Task statement :: If a line below includes the string "length", copy it.

Data extract ::
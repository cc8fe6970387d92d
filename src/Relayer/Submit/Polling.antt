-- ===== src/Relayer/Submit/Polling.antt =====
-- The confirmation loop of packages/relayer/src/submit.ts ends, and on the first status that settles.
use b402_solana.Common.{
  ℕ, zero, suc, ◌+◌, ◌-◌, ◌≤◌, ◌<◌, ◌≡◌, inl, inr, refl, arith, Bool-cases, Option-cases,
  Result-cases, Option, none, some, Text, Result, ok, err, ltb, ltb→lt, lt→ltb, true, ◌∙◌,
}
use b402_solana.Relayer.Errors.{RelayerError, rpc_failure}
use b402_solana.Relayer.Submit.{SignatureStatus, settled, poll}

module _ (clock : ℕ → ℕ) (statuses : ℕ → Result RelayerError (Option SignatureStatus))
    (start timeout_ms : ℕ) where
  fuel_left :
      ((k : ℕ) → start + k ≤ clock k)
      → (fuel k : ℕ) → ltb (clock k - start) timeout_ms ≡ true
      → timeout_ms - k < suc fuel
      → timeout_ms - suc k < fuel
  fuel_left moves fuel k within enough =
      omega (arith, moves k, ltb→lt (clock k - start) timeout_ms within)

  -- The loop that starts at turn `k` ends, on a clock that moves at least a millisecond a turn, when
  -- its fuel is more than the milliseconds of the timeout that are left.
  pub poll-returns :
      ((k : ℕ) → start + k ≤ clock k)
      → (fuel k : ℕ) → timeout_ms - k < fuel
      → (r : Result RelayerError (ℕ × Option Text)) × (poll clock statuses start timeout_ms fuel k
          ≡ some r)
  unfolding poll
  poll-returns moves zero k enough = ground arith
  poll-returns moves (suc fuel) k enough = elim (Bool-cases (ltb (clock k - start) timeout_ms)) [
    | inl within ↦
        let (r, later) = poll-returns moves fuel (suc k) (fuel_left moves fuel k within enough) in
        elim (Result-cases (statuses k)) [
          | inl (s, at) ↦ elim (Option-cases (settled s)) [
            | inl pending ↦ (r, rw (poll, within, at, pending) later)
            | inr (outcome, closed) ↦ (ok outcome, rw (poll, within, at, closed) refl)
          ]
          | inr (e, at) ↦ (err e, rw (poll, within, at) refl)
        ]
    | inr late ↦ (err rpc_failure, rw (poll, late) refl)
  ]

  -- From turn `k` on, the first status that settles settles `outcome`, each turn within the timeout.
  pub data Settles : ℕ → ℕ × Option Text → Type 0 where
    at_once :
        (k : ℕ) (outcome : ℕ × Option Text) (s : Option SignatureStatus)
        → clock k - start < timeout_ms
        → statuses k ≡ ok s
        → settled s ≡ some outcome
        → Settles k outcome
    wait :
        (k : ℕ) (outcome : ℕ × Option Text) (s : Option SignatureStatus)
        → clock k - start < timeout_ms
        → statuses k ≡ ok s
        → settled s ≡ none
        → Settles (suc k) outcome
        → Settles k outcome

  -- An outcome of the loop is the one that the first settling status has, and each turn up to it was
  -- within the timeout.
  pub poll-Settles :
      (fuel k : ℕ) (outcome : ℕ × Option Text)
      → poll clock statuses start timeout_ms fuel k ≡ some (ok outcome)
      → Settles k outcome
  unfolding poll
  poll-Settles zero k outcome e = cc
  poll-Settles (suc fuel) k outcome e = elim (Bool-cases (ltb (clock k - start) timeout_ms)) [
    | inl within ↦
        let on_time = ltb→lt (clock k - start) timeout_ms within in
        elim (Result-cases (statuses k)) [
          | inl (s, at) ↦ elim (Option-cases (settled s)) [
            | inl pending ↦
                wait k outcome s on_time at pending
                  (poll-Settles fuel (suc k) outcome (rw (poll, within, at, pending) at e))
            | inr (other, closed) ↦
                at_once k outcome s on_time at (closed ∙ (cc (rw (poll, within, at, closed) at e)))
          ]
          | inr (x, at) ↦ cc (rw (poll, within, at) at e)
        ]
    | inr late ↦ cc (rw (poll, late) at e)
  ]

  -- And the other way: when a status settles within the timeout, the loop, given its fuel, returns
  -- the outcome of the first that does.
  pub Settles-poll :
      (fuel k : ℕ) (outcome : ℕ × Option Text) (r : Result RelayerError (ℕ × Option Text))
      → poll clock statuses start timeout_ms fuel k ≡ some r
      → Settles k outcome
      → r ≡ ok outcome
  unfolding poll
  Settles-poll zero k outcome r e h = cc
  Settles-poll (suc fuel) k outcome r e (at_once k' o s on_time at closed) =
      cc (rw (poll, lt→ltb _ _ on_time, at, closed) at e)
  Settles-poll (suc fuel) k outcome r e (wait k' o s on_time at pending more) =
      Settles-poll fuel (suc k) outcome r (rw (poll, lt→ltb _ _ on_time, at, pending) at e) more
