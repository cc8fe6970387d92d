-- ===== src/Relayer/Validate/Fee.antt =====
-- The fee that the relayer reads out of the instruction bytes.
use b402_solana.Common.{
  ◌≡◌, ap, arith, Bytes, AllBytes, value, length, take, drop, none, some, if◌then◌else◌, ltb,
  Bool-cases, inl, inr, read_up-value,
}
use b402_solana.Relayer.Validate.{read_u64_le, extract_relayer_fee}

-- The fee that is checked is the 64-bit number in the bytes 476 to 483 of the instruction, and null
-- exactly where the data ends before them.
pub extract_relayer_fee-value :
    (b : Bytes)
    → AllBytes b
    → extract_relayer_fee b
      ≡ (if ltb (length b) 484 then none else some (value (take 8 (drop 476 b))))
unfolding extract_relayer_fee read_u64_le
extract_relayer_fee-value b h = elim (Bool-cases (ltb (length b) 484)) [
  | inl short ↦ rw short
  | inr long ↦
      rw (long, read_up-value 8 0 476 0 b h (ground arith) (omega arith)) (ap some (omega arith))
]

Result of this exercise ::
  ◌≡◌, ap, arith, Bytes, AllBytes, value, length, take, drop, none, some, if◌then◌else◌, ltb,
      ≡ (if ltb (length b) 484 then none else some (value (take 8 (drop 476 b))))
extract_relayer_fee-value b h = elim (Bool-cases (ltb (length b) 484)) [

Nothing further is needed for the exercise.